#### Goal of the exercise:
Copy out every entry precisely.

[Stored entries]
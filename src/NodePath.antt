-- ===== src/NodePath.antt =====
-- src/node_graph/node_path.rs: the hierarchical identity of a node. Ids are ULIDs, numbers of
-- 128 bits that the code only compares; `Arc<[NodeId]>` is the list of the segments.
pub mod Laws
pub mod Display
use cognet.Prelude.{
  ℕ, ◌≡◌, ◌↔◌, refl, ap, Bool, true, false, Option, none, some, List, [], ◌∷◌, ◌++◌, Eq, list_beq,
  list_beq_iff, nat_eq, if◌then◌else◌,
}
use mathlib.Core.Option

abbrev pub NodeId : Type 0
NodeId = ℕ

pub record NodePath : Type 0 where
  pub segments : List NodeId

unfoldable pub root : NodePath
root = record { segments = [] }

unfoldable pub child : NodePath → NodeId → NodePath
child p id = record { segments = p.segments ++ id ∷ [] }

-- `slice::is_empty`
abbrev pub is_empty {ℓ} : {A : Type ℓ} → List A → Bool
is_empty [] = true
is_empty (x ∷ xs) = false

-- segments[..segments.len() - 1]
abbrev pub but_last {ℓ} : {A : Type ℓ} → List A → List A
but_last [] = []
but_last (x ∷ []) = []
but_last (x ∷ y ∷ ys) = x ∷ but_last (y ∷ ys)

-- segments.last()
abbrev pub last {ℓ} : {A : Type ℓ} → List A → Option A
last [] = none
last (x ∷ []) = some x
last (x ∷ y ∷ ys) = last (y ∷ ys)

unfoldable pub is_root : NodePath → Bool
is_root p = is_empty p.segments

unfoldable pub parent : NodePath → Option NodePath
parent p = if is_empty p.segments then none else some (record { segments = but_last p.segments })

unfoldable pub leaf : NodePath → Option NodeId
leaf p = last p.segments

-- the derived `PartialEq`
unfoldable pub path_beq : NodePath → NodePath → Bool
path_beq p q = list_beq p.segments q.segments

pub path_beq_iff : (p q : NodePath) → (path_beq p q ≡ true) ↔ (p ≡ q)
unfolding path_beq
path_beq_iff p q = (
  λ h. ap (λ (s : List NodeId). record { segments = s }) ((list_beq_iff p.segments q.segments).0 h),
  λ e. (list_beq_iff p.segments q.segments).1 (ap (λ (r : NodePath). r.segments) e),
)

instance abbrev pub path_eq : Eq NodePath
path_eq = record { beq = path_beq; beq_iff = path_beq_iff }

#### Task response:
filename src/NodePath.antt
-- ===== src/NodePath.antt =====
-- src/node_graph/node_path.rs: the hierarchical identity of a node. Ids are ULIDs, numbers of
-- 128 bits that the code only compares; `Arc<[NodeId]>` is the list of the segments.
pub mod Laws
pub mod Display
use cognet.Prelude.{
  ℕ, ◌≡◌, ◌↔◌, refl, ap, Bool, true, false, Option, none, some, List, [], ◌∷◌, ◌++◌, Eq, list_beq,
  list_beq_iff, nat_eq, if◌then◌else◌,
}
use mathlib.Core.Option

abbrev pub NodeId : Type 0
NodeId = ℕ

pub record NodePath : Type 0 where
  pub segments : List NodeId

unfoldable pub root : NodePath
root = record { segments = [] }

unfoldable pub child : NodePath → NodeId → NodePath
child p id = record { segments = p.segments ++ id ∷ [] }

-- `slice::is_empty`
abbrev pub is_empty {ℓ} : {A : Type ℓ} → List A → Bool
is_empty [] = true
is_empty (x ∷ xs) = false

-- segments[..segments.len() - 1]
abbrev pub but_last {ℓ} : {A : Type ℓ} → List A → List A
but_last [] = []
but_last (x ∷ []) = []
but_last (x ∷ y ∷ ys) = x ∷ but_last (y ∷ ys)

-- segments.last()
abbrev pub last {ℓ} : {A : Type ℓ} → List A → Option A
last [] = none
last (x ∷ []) = some x
last (x ∷ y ∷ ys) = last (y ∷ ys)

unfoldable pub is_root : NodePath → Bool
is_root p = is_empty p.segments

unfoldable pub parent : NodePath → Option NodePath
parent p = if is_empty p.segments then none else some (record { segments = but_last p.segments })

unfoldable pub leaf : NodePath → Option NodeId
leaf p = last p.segments

-- the derived `PartialEq`
unfoldable pub path_beq : NodePath → NodePath → Bool
path_beq p q = list_beq p.segments q.segments

pub path_beq_iff : (p q : NodePath) → (path_beq p q ≡ true) ↔ (p ≡ q)
unfolding path_beq
path_beq_iff p q = (
  λ h. ap (λ (s : List NodeId). record { segments = s }) ((list_beq_iff p.segments q.segments).0 h),
  λ e. (list_beq_iff p.segments q.segments).1 (ap (λ (r : NodePath). r.segments) e),
)

instance abbrev pub path_eq : Eq NodePath
path_eq = record { beq = path_beq; beq_iff = path_beq_iff }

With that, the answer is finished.